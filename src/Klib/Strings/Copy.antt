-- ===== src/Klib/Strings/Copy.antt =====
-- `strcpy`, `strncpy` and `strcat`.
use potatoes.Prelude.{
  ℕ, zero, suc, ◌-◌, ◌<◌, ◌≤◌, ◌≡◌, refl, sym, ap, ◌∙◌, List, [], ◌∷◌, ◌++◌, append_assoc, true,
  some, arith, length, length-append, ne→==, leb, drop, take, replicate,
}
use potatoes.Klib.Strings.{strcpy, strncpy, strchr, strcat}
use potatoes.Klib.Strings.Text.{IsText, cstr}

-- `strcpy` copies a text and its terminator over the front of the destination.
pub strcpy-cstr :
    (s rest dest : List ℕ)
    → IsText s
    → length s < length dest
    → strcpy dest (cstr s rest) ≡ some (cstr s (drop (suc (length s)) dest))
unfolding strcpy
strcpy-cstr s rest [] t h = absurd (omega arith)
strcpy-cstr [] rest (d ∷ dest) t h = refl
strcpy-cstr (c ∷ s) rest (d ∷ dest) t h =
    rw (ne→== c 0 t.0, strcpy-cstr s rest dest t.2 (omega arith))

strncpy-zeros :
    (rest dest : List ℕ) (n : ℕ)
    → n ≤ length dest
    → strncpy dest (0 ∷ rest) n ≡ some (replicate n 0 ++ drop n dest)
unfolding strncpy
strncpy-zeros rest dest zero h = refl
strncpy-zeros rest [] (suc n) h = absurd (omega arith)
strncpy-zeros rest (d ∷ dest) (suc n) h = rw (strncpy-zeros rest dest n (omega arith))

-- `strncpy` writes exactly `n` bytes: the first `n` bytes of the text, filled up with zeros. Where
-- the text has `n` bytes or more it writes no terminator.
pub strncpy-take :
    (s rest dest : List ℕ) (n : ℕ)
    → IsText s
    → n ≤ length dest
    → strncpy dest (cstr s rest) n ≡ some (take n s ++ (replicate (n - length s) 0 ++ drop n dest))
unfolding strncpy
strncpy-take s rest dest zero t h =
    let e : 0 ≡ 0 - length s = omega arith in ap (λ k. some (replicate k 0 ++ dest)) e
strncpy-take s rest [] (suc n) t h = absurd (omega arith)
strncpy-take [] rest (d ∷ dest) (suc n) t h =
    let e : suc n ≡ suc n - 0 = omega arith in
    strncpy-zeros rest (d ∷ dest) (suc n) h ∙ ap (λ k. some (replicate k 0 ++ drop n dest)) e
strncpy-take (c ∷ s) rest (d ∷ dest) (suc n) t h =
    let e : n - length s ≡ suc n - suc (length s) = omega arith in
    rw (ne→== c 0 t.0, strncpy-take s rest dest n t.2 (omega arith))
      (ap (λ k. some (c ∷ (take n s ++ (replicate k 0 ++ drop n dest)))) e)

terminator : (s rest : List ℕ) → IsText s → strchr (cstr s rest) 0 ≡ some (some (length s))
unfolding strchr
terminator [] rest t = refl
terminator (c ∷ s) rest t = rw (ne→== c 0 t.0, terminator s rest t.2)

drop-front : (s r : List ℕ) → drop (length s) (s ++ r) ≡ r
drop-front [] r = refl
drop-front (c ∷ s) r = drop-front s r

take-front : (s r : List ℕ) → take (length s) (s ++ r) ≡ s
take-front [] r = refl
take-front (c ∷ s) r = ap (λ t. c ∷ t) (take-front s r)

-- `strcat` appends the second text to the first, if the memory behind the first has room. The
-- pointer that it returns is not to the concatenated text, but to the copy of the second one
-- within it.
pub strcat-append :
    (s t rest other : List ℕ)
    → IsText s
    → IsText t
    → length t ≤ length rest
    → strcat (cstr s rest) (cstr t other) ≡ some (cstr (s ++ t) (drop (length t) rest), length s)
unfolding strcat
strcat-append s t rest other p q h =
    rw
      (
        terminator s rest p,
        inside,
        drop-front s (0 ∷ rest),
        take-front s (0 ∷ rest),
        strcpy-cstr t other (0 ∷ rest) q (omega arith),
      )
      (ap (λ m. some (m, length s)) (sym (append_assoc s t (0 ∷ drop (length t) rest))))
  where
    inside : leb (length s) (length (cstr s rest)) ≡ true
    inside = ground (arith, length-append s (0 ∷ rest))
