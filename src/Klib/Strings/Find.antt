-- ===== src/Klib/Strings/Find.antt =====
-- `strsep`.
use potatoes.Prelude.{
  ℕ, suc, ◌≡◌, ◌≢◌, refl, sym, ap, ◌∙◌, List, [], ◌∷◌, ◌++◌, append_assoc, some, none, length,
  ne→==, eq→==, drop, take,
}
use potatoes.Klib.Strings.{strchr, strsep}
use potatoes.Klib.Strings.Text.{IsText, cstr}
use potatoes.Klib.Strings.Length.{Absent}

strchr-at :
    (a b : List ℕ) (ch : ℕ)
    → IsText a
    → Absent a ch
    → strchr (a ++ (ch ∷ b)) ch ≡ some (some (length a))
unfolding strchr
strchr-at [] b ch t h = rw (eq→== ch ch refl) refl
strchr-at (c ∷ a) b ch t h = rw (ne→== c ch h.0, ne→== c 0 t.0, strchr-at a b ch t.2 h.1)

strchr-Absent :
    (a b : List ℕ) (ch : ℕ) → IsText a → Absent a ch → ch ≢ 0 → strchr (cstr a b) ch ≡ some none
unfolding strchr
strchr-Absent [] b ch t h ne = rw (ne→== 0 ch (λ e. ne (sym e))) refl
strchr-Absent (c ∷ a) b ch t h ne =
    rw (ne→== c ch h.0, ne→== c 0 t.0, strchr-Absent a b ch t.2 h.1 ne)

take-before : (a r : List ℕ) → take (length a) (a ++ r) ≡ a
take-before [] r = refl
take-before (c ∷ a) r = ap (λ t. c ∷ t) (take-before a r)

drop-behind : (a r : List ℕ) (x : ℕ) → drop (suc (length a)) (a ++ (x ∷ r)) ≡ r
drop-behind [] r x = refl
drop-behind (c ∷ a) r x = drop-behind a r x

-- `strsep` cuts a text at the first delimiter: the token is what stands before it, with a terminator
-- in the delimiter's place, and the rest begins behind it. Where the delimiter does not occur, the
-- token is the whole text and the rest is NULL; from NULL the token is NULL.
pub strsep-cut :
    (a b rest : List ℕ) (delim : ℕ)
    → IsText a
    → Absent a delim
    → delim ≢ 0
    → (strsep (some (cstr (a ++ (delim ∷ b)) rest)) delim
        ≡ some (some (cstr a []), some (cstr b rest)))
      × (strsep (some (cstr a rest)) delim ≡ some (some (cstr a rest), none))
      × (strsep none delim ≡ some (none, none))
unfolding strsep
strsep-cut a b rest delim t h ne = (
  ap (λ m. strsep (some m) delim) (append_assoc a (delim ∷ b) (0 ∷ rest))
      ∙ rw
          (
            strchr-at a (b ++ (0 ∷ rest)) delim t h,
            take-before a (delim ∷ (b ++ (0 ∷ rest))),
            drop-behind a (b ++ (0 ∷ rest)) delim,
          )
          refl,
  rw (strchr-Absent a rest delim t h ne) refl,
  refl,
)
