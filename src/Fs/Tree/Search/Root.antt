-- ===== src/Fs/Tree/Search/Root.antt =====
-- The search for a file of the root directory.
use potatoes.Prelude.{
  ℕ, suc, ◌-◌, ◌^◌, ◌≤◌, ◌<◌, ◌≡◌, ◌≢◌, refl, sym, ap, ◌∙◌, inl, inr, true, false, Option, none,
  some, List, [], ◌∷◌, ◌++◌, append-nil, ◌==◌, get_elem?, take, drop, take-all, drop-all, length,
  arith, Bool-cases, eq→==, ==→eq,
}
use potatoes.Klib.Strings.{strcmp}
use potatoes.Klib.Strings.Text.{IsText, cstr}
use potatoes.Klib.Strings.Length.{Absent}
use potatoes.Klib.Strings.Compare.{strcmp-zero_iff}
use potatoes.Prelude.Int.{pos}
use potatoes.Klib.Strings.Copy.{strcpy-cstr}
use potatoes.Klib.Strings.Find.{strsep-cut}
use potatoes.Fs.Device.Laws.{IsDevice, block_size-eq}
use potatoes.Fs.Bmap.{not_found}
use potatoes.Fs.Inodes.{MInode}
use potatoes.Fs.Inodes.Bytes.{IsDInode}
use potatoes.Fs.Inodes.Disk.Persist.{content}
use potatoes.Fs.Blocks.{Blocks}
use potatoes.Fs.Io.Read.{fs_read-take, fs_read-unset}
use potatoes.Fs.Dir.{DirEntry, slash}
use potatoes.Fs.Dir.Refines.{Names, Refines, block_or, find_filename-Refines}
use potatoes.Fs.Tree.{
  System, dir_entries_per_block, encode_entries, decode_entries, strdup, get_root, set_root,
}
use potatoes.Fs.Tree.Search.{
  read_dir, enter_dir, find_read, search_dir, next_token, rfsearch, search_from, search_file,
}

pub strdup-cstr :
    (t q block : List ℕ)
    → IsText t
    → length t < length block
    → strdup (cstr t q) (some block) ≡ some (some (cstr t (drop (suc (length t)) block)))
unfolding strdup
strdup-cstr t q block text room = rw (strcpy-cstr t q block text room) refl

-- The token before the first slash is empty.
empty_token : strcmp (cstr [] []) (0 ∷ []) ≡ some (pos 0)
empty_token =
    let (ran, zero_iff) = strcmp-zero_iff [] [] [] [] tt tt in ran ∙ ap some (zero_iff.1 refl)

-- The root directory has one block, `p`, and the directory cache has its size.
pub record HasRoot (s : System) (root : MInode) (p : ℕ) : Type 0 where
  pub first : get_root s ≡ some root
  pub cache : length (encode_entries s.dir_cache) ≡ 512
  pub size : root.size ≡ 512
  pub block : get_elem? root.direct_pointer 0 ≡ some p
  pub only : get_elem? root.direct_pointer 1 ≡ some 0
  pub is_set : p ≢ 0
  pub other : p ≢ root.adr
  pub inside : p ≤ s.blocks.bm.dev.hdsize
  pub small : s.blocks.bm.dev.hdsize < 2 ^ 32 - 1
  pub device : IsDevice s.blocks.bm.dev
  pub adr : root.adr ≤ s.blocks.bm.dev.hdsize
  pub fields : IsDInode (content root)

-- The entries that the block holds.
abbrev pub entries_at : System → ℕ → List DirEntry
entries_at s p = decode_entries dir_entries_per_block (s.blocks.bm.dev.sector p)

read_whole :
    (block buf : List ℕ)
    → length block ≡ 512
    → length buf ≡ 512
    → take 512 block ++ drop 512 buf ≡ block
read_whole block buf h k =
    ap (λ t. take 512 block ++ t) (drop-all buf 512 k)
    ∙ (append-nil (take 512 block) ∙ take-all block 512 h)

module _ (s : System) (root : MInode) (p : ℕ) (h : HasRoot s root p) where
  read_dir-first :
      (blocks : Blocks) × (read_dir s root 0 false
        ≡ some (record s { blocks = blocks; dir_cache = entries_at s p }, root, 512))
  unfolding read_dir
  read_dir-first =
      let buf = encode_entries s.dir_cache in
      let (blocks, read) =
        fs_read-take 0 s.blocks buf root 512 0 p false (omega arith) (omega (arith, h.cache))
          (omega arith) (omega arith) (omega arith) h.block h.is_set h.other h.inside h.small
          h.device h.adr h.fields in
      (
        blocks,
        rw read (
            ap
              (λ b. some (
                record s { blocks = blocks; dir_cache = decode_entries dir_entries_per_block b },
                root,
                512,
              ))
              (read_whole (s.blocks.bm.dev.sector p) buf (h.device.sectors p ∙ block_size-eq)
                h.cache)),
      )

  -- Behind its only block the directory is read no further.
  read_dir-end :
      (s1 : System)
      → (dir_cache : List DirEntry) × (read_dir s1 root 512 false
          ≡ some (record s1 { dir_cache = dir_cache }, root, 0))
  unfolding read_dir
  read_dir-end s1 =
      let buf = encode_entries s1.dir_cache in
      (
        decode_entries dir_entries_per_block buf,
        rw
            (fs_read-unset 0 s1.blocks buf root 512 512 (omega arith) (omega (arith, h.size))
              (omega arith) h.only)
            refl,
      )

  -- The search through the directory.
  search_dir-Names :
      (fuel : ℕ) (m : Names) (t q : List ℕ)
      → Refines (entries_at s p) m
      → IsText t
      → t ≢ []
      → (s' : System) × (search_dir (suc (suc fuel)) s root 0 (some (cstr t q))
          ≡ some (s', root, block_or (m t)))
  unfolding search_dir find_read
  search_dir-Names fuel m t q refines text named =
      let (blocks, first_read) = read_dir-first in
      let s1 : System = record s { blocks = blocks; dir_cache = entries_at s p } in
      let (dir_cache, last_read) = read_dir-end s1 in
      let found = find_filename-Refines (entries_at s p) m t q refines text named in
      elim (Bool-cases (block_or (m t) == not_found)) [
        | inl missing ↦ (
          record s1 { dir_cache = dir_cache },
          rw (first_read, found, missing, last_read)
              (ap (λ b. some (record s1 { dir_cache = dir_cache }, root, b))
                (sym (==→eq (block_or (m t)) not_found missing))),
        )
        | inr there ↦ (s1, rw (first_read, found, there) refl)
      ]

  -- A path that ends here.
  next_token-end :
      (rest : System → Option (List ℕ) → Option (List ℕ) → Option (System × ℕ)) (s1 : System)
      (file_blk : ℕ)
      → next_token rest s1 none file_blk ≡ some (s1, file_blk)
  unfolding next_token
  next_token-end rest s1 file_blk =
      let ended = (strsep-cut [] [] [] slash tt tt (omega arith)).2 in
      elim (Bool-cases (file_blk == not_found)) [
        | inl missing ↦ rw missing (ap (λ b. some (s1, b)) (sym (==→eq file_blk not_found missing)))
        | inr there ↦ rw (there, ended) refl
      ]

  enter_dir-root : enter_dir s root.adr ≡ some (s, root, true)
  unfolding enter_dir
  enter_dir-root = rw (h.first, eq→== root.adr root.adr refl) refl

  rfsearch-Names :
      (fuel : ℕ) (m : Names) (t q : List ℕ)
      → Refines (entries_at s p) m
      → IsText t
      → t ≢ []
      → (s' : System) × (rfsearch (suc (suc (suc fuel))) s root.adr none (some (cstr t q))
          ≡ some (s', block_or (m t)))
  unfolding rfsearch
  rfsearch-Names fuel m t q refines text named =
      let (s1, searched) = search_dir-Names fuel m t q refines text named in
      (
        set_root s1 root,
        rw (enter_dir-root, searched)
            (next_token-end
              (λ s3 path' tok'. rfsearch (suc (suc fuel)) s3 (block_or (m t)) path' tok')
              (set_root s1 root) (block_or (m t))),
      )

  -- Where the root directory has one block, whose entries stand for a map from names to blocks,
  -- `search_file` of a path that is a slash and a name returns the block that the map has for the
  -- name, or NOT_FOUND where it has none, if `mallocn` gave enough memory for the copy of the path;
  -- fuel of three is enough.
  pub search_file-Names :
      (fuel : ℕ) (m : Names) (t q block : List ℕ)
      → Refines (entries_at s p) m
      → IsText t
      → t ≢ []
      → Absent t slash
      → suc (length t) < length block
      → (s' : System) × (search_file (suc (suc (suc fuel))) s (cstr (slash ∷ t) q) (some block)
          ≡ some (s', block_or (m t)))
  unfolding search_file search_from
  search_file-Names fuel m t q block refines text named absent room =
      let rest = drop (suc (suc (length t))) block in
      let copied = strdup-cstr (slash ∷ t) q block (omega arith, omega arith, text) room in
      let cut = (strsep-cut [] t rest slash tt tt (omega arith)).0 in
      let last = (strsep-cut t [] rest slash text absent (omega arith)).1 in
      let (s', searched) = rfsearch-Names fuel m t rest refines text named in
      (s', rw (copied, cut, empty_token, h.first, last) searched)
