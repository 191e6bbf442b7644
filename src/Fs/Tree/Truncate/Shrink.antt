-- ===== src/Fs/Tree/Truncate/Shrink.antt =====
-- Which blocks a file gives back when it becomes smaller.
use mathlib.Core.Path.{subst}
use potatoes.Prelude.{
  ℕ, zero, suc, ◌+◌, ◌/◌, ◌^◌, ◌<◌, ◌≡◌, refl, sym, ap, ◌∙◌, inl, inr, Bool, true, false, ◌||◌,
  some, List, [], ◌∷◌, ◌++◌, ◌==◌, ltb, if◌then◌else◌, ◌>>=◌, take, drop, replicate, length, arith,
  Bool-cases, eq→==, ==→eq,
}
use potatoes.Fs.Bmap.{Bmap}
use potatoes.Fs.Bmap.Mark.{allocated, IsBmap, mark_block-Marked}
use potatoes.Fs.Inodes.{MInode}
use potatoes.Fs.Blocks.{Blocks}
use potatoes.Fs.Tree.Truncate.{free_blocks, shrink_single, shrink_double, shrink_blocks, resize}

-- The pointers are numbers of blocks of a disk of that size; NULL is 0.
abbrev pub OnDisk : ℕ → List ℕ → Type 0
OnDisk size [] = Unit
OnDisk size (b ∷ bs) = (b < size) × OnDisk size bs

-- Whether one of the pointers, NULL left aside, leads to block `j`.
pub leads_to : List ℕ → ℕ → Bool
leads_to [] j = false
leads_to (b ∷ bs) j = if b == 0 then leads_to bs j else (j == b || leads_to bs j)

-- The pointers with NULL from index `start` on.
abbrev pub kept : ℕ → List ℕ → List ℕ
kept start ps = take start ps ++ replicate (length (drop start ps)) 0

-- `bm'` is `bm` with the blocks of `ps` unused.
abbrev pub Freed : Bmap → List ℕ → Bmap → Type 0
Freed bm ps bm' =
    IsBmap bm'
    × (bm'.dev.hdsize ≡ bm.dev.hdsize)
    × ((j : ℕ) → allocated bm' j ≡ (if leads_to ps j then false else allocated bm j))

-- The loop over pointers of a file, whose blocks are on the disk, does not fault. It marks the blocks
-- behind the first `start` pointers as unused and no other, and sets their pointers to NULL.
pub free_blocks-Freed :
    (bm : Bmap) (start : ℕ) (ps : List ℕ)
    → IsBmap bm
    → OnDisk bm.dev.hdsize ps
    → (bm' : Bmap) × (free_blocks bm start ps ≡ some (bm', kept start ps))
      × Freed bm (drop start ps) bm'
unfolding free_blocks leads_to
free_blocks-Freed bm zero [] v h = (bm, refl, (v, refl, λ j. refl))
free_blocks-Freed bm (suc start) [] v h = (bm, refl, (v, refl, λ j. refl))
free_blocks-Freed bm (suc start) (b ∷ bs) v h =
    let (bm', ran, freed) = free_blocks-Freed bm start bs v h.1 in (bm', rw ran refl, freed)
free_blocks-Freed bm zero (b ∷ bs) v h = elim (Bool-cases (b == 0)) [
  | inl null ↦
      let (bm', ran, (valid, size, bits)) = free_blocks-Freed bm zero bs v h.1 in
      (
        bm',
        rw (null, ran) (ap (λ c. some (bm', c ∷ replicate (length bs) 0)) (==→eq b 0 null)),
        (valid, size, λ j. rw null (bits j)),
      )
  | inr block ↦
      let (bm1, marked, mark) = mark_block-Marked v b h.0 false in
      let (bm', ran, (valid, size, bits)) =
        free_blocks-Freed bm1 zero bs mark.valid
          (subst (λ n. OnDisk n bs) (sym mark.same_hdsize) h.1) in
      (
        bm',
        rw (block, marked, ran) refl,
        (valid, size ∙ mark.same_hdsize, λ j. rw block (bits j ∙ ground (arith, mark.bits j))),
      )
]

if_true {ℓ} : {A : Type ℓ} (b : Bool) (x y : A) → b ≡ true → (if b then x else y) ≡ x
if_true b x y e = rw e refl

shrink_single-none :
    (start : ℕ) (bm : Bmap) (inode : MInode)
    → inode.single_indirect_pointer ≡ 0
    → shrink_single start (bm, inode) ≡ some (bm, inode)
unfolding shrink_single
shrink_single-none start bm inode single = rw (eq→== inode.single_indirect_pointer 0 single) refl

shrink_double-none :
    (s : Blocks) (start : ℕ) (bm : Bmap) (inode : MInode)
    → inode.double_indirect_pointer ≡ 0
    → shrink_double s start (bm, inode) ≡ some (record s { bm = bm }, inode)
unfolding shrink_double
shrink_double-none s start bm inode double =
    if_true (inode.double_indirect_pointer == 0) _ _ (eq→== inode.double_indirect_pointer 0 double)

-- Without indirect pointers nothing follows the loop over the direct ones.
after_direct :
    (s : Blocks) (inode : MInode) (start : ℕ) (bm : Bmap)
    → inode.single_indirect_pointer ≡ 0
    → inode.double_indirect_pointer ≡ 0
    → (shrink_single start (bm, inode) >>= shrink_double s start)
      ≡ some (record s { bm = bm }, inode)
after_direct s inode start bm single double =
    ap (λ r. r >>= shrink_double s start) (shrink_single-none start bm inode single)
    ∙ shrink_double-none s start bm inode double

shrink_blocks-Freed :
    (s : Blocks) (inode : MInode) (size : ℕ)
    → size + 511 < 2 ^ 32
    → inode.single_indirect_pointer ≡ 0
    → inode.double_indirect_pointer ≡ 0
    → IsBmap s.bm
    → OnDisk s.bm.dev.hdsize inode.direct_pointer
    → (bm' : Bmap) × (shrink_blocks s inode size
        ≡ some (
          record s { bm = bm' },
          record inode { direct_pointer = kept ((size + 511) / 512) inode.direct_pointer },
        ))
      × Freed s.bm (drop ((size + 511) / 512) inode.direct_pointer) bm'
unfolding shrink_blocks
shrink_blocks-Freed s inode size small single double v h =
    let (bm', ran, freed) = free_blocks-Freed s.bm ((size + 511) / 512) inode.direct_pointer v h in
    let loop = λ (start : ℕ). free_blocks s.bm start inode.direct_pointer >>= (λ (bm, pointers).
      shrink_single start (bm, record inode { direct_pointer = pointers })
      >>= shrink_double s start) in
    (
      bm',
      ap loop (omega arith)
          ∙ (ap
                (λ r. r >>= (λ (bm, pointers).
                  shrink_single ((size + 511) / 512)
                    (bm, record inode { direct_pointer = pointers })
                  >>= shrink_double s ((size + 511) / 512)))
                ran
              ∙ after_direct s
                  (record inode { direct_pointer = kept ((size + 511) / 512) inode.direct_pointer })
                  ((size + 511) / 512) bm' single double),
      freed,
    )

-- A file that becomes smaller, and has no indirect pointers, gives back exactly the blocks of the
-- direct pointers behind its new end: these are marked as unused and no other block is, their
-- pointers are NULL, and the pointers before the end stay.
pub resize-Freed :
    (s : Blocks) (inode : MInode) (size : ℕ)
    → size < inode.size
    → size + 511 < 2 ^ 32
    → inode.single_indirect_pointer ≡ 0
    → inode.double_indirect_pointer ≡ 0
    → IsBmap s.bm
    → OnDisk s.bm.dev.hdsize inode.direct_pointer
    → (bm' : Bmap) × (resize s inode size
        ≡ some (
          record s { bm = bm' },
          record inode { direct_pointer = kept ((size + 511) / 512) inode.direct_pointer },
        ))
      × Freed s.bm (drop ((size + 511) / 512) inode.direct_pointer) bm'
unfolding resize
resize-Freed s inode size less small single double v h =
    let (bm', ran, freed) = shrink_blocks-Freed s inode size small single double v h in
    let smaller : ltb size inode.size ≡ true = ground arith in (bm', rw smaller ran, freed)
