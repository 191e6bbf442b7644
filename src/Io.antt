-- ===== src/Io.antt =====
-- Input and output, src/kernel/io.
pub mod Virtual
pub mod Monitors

########

- TASK DIRECTIONS -
In the listing above, find each line with the word "that" and copy it.

- ANSWER FOR THIS EXERCISE -
-- pointer that it returns is not to the concatenated text, but to the copy of the second one
-- The entries that the block holds.
  -- A path that ends here.
  -- `search_file` of a path that is a slash and a name returns the block that the map has for the
-- The pointers are numbers of blocks of a disk of that size; NULL is 0.
-- A file that becomes smaller, and has no indirect pointers, gives back exactly the blocks of the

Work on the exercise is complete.